What's happening here is very cool, just for its social relevance. Two forms of crowdsourcing (volunteer-based and market-based) are being applied in order to connect the Egyptian revolution with the rest of the world, via the spoken word. Restoration of Internet access hasn't slowed it down, either: this Washington Post article reports, "Some of the heaviest volume came after access to both Twitter and the Internet was restored in Egypt earlier this week. The alternative method of tweeting has turned into a forum for longer-form expression because the voice recordings aren't confined to Twitter's 140-character limit."

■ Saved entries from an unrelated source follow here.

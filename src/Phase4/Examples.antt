-- ===== src/Phase4/Examples.antt =====
-- The theorems on phase4a/phase4.c at concrete states.
use process_control.Base.{
  ℕ, ◌+◌, ◌/◌, ◌%◌, ◌==◌, if◌then◌else◌, ◌≡◌, refl, false, Option, none, some, List, [], ◌∷◌, ◌++◌,
  arith,
}
use process_control.Base.Int.{ℤ, pos, minus_one, pos_part}
use process_control.Base.Run.{done, settle, calls}
use process_control.Base.Run.Laws.{replay}
use process_control.Base.Chain.{Chain}
use process_control.Base.Sysargs.{Sysargs}
use process_control.Phase4.State.{
  Sleeper, State, Usloss, read_sector, seek_track, request, mbox_recv, mbox_send, wait_device,
  term_dev, control,
}
use process_control.Phase4.Sleep.{add_to_priority_queue, remove_from_priority_queue}
use process_control.Phase4.Sleep.Insertion.{IsSorted}
use process_control.Phase4.Sleep.Order.{sleep_links, end_of, add_to_priority_queue-insert}
use process_control.Phase4.Sleep.Waking.{
  remove_from_priority_queue-due, remove_from_priority_queue-stale,
}
use process_control.Phase4.Terminal.{our_term_write, term_rounds}
use process_control.Phase4.Terminal.Writing.{our_term_write-chars}
use process_control.Phase4.Terminal.Reading.{hands_over, term_rounds-line}
use process_control.Phase4.Terminal.Lines.{KeepsRoom, term_rounds-room}
use process_control.Phase4.Disk.{transfer, disk_transfer}
use process_control.Phase4.Disk.Places.{place_at, completing, transfer-places}
use process_control.Phase4.Disk.Errors.{failing, disk_transfer-keeps_lock}

abbrev sleeper : ℕ → ℕ → Option ℕ → Sleeper
sleeper pid end_sleep next = record {
  pid = pos pid;
  mbox_id = pos (pid + 10);
  end_sleep = pos end_sleep;
  next = next;
}

-- Processes 1 and 2 sleep, until 300 and 500; 3 is to sleep until 400.
abbrev pub two_asleep : ℕ → State
two_asleep ticks = record {
  global_clock_ticks = ticks;
  shadow_process_table = λ i.
      if i == 1
      then sleeper 1 300 (some 2)
      else if i == 2
      then sleeper 2 500 none
      else sleeper i 400 none;
  priority_queue_head = some 1;
  read_buffer_size = minus_one;
  disk_track = λ _. pos 0;
  disks = λ _. record { status = pos 0; is_complete = false };
  term_lock_mbox = λ i. pos i;
  term_read_mbox = λ i. pos (4 + i);
  term_write_mbox = λ i. pos (8 + i);
  disk_size_mbox = λ i. pos (12 + i);
  disk_lock = λ i. pos (14 + i);
  disk_mbox = λ i. pos (16 + i);
  daemon_pids = λ i. pos i;
}

-- The states of a device as USLOSS numbers them.
abbrev pub usloss : Usloss
usloss = record {
  dev_ready = pos 0;
  dev_busy = pos 1;
  dev_error = pos 2;
  stat_xmit = λ status. pos 0;
  stat_recv = λ status. status;
  stat_char = λ status. 65;
  left_over = pos 0;
  unset = pos 0;
}

abbrev args_of : ℤ → Sysargs
args_of track = record { arg1 = pos 4096; arg2 = pos 2; arg3 = track; arg4 = pos 3; arg5 = pos 1 }

add_to_priority_queue-insert_example :
    (t : State) × (add_to_priority_queue 3 (two_asleep 0) ≡ some t)
    × Chain (sleep_links t) t.priority_queue_head (1 ∷ 3 ∷ 2 ∷ [])
    × (IsSorted (end_of (two_asleep 0)) (1 ∷ 2 ∷ []) → IsSorted (end_of t) (1 ∷ 3 ∷ 2 ∷ []))
add_to_priority_queue-insert_example =
    add_to_priority_queue-insert 3 (1 ∷ 2 ∷ []) (two_asleep 0) (refl, (refl, refl))
      (refl, (refl, tt)) refl (omega arith) (λ e. refl)

remove_from_priority_queue-due_example :
    (t : State) × (calls (λ e u. (pos 0, u)) (remove_from_priority_queue 5 (two_asleep 4))
      ≡ mbox_recv (pos 11) ∷ [])
    × (settle (λ e u. (pos 0, u)) (remove_from_priority_queue 5 (two_asleep 4)) ≡ done tt t)
    × Chain (sleep_links t) t.priority_queue_head (2 ∷ [])
remove_from_priority_queue-due_example =
    remove_from_priority_queue-due 5 (pos 0) (1 ∷ 2 ∷ []) (two_asleep 4) (refl, (refl, refl))
      (omega arith)

remove_from_priority_queue-stale_example :
    (t u : State) × (settle (λ e v. (pos 0, v)) (remove_from_priority_queue 5 (two_asleep 9))
      ≡ done tt t)
    × (t.priority_queue_head ≡ none)
    × (add_to_priority_queue 1 t ≡ some u)
    × Chain (sleep_links u) u.priority_queue_head (1 ∷ 2 ∷ [])
remove_from_priority_queue-stale_example =
    remove_from_priority_queue-stale 5 (pos 0) 1 (2 ∷ []) (two_asleep 9) (refl, (refl, refl))
      (omega arith) refl

term_rounds-room_example : KeepsRoom (term_rounds 3 usloss 0 (65 ∷ 66 ∷ []) (two_asleep 0))
term_rounds-room_example = term_rounds-room 3 usloss 0 (65 ∷ 66 ∷ []) (two_asleep 0) (omega arith)

-- The fields of a status word: the receiver in bits 0 and 1, the transmitter in bits 2 and 3, and the
-- character in bits 8 to 15.
abbrev terminals : Usloss
terminals = record usloss {
  stat_recv = λ status. pos (pos_part status % 4);
  stat_xmit = λ status. pos (pos_part status / 4 % 4);
  stat_char = λ status. pos_part status / 256 % 256;
}

-- "ab", between two ticks of the clock.
abbrev keys : List (ℤ × State)
keys = (pos 24837, two_asleep 0) ∷ (pos 25093, two_asleep 1) ∷ []

term_rounds-line_example :
    replay ((keys ++ (pos 2565, two_asleep 2) ∷ [])) (term_rounds 4 terminals 0 [] (two_asleep 0))
    ≡ some (
      wait_device term_dev 0 ∷ wait_device term_dev 0 ∷ wait_device term_dev 0 ∷ [],
      hands_over terminals 0 (97 ∷ 98 ∷ 10 ∷ []) (two_asleep 2) 1,
    )
term_rounds-line_example =
    term_rounds-line terminals 0 keys (pos 2565) (two_asleep 2) 1 [] (two_asleep 0)
      (
        (record { receives = refl; not_ready = refl; not_wrong = refl }),
        omega arith,
        refl,
        ((record { receives = refl; not_ready = refl; not_wrong = refl }), omega arith, refl, tt),
      )
      (record { receives = refl; not_ready = refl; not_wrong = refl }) refl (omega arith)

-- The last sector of track 0, and the first of track 1.
transfer-places_example :
    calls
      (completing 1 (pos 0) (pos 0))
      (transfer 2 usloss read_sector 1 (pos 0) (place_at 15 (pos 0) (pos 4096) 0) (two_asleep 0))
    ≡ request (pos 1) read_sector (pos 15) (pos 4096)
      ∷ mbox_recv (pos 17)
      ∷ request (pos 1) seek_track (pos 1) (pos 0)
      ∷ mbox_recv (pos 17)
      ∷ request (pos 1) read_sector (pos 0) (pos 4608)
      ∷ mbox_recv (pos 17)
      ∷ []
transfer-places_example =
    transfer-places usloss read_sector 1 (pos 0) (pos 0) refl refl refl 2 (pos 0) 15 (pos 0)
      (pos 4096) 0 (two_asleep 0)

disk_transfer-keeps_lock_example :
    (calls
        (failing usloss 1 (pos 0))
        (disk_transfer usloss read_sector 1 3 (args_of (pos 5)) (two_asleep 0))
      ≡ mbox_send (pos 15) ∷ request (pos 1) seek_track (pos 5) (pos 0) ∷ mbox_recv (pos 17) ∷ [])
    × ((t : State) × (settle
            (failing usloss 1 (pos 0))
            (disk_transfer usloss read_sector 1 3 (args_of (pos 5)) (two_asleep 0))
          ≡ done (record (args_of (pos 5)) { arg1 = pos 2; arg4 = pos 0 }) t))
disk_transfer-keeps_lock_example =
    disk_transfer-keeps_lock usloss 1 3 1 (pos 0) (args_of (pos 5)) (two_asleep 0) refl read_sector
      refl

-- "hi" at terminal 2.
our_term_write-chars_example :
    (calls (λ e t. (pos 0, t)) (our_term_write (104 ∷ 105 ∷ []) (args_of (pos 2)) (two_asleep 0))
      ≡ mbox_send (pos 2)
        ∷ mbox_recv (pos 10)
        ∷ control (pos 2) (pos 26631)
        ∷ mbox_recv (pos 10)
        ∷ control (pos 2) (pos 26887)
        ∷ mbox_recv (pos 2)
        ∷ [])
    × (settle (λ e t. (pos 0, t)) (our_term_write (104 ∷ 105 ∷ []) (args_of (pos 2)) (two_asleep 0))
        ≡ done (record (args_of (pos 2)) { arg4 = pos 0; arg2 = pos 2 }) (two_asleep 0))
our_term_write-chars_example =
    our_term_write-chars (λ e. pos 0) 2 (104 ∷ 105 ∷ []) (args_of (pos 2)) (two_asleep 0) refl
      (omega arith) (omega arith, (omega arith, tt))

But what's happening here is more than socially relevant; it also points to the next revolution in the language technology world. The speech recognition community has been putting plenty of effort into automatic speech recognition (ASR) for Arabic over the last ten years, with a great deal of progress having been made. So why isn't ASR a part of Novotney and Callison-Burch's picture here?
It's because the systems that exist are just not ready for the kind of language they're being faced with in this use case. The availability of training data for this scenario is paltry, 20 hours of transcribed telephone speech available for Egyptian Arabic. People have tried applying models trained on the more readily available modern standard Arabic (MSA) to dialects, but the word error rates are atrociously high; Scott comments that for, say, Levantine Arabic, you see word error rates of 70 percent or higher. So, apply ASR to Egyptian voice tweets? Don't even bother.
We're seeing the same thing everywhere. NLP for social media is the wild west: lots of people are getting into the action (how many different companies are doing sentiment analysis of Twitter right now?), but most of what's out there is really shallow, because the data just don't look like the language the community has been focused on. Apply the usual off-the-shelf analysis tools? For tweets, at least, don't even bother. (Noah Smith noted recently that he and his team are currently brainstorming on ways to get decent part-of-speech tagging for tweets. Deeper analysis is surely going to take a while.)
So, the next revolution of language technology needs is the social media revolution. The trickle that's started showing up as individual papers and at specialized workshops, is, I think, shortly going to become a flood. Beginning around 1990 or so, we saw the rise and eventual ubiquity of statistical papers in NLP (illustrated nicely on slide 58 of this 2004 presentation by Ken Church). I suspect that 2010 or hereabouts will eventually be a similar marker, the point where social media datasets started to become unavoidable, and, with them, corresponding need-driven technological approaches ranging from fully unsupervised (when there's enough data) to semi-supervised (bootstrapping from those nice crowdsourced annotations we've been talking about).
Here's what had Scott Novotney most jazzed about the Egyptian Arabic crowdsourcing he's doing, when we spoke: the fact that he's now got a "nice little corpus of 10 hours of dialect data" from the real world, which is going to allow him to bootstrap into ASR for real-world Egyptian dialect using semi-supervised techniques. That's the future, right there.